Overview of Buying a Home From Your Attorney's Perspective

1) Shop for a loan.
To be a smart buyer you need to have a good idea of how much home you can afford. A first step would be to speak with a bank's mortgage department or a mortgage broker and obtain a pre-approval letter. A pre-approval letter is not a "commitment" to make you a loan but is rather a letter that states, based upon the information you provided, you would qualify for a loan of a certain amount. Of course, any loan would be subject to further conditions such as confirmation of the information you provided, an appraisal of the house, etc.... Your lender will be able to give you a good idea of the price range for a home as well as the available mortgage options and programs. My advice is to check with a few lenders since interest rates, available loan types and fees vary. You should also inquire about available grant programs which you may be eligible for.

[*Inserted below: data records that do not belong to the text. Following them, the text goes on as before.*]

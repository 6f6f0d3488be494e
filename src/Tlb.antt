-- ===== src/Tlb.antt =====
-- The translation buffer of the processor (kern/arch/mips/include/tlb.h) and its replacement: parts
-- of kern/vm/vm_tlb.c, kern/vm/vmc1.c and kern/vm/addrspace.c. The instructions that read, write and
-- probe it are modelled by what tlb.h says of them.
pub mod Replace
mod Tests
use os161_project_c.Base.{
  ℕ, ◌+◌, ◌*◌, ◌/◌, ◌%◌, ◌^◌, Bool, Option, none, some, ◌==◌, if◌then◌else◌, update, for_below,
  find_first, page_size,
}

pub record TlbEntry : Type 0 where
  pub hi : ℕ
  pub lo : ℕ

abbrev pub num_tlb : ℕ
num_tlb = 64

-- `x | (1 << k)`
abbrev pub set_bit : ℕ → ℕ → ℕ
set_bit k x = if x / 2 ^ k % 2 == 1 then x else x + 2 ^ k

-- `x & (1 << k)`, as a test
abbrev pub has_bit : ℕ → ℕ → Bool
has_bit k x = x / 2 ^ k % 2 == 1

abbrev pub valid_bit : ℕ
valid_bit = 9

abbrev pub dirty_bit : ℕ
dirty_bit = 10

-- `TLBHI_INVALID(i)` and `TLBLO_INVALID()`
abbrev pub invalid_entry : ℕ → TlbEntry
invalid_entry i = record { hi = (0x80000 + i) * page_size; lo = 0 }

pub record Tlb : Type 0 where
  pub entries : ℕ → TlbEntry
  pub current_victim : ℕ

abbrev pub tlb_write : ℕ → TlbEntry → Tlb → Tlb
tlb_write i e t = record t { entries = update t.entries i e }

-- The entry whose virtual page is that of `va`.
unfoldable pub tlb_probe : ℕ → Tlb → Option ℕ
tlb_probe va t = find_first num_tlb 0 (λ i. (t.entries i).hi / page_size == va / page_size)

-- The part of `tlb_remove_by_va` behind its check for an address space.
unfoldable pub remove_va : ℕ → Tlb → Tlb
unfolding tlb_probe
remove_va va t = elim (tlb_probe va t) [
  | some index ↦ tlb_write index (invalid_entry index) t
  | none ↦ t
]

-- The slot to overwrite, and the buffer with the next one in line.
unfoldable pub tlb_get_rr_victim : Tlb → ℕ × Tlb
tlb_get_rr_victim t =
    (t.current_victim, record t { current_victim = (t.current_victim + 1) % num_tlb })

-- The loop of `as_activate` and `as_deactivate`.
unfoldable pub flush : Tlb → Tlb
flush t = record t { entries = for_below num_tlb (λ i es. update es i (invalid_entry i)) t.entries }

2) Offer + Acceptance = Contract
With a price range in mind, you can then look for a home either by yourself or with the assistance of a Realtor.  Realtors provide an invaluable service since they have access to the MLS and have the ability to hone your search to homes in a particular price range, type, location, etc... Remember that unless you have a buyer broker agreement, the Realtor normally represents the interest of the seller. The Realtor can assist you in making an "offer to purchase" using the approved form of contract. If you do not have a Realtor and you find a home that you want to make an offer on you can call me to assist you. After you make an offer the seller will review it and may accept it or you may need to "do the dance" and negotiate further with the seller until an offer is eventually accepted. Once an offer to purchase is accepted by the seller you have a legally binding contract. Note pursuant to the Statute of Frauds all contracts for real estate have to be in writing and signed by all parties (buyer(s) and all seller(s)) and any revisions or modifications will likewise have to be in writing and initialed by all. If a Realtor is assisting you then you need to forward a copy of the contract to me to review, preferably the same day the seller accepts it. The standard Broome County contract has an attorney review provision which is "time sensitive" so you should not delay or you could possibly waive your attorney review. I will review the contract with you and will stress the important provisions.

3) Work on contingencies.
Your contract will undoubtedly contain various contingencies such as financing, inspections, etc... You should forward a complete copy of the contract to your lender and also provided the documentation required by the lender to approve your loan. At this time you will also be hiring a home inspector if you are having inspections done. I suggest, to all my clients, to have a professional home inspection performed. The only exceptions may be when the buyer actually has a building background or is already familiar with the home.  The money spent on an inspection is invaluable especially if problems are found and just for plain peace of mind. Note that the standard contract has specific time frames to perform the inspection(s) and to provide the results  to the seller. As a buyer, you must be vigilant to do everything in a timely manner. If there are issues with the inspections your Realtor will normally assists in further negotiations with the seller's agent. This is also the time we should talk about the possible need for a survey of the property.  Depending on the parcel's legal description and secondary market requirements, you may need to hire a surveyor to prepare a survey.  Surveys do take some time so this determination needs to be done early in the transaction because surveyors' schedules are often booked weeks in advance.  Please see my Common Questions page for a further discussion about surveys.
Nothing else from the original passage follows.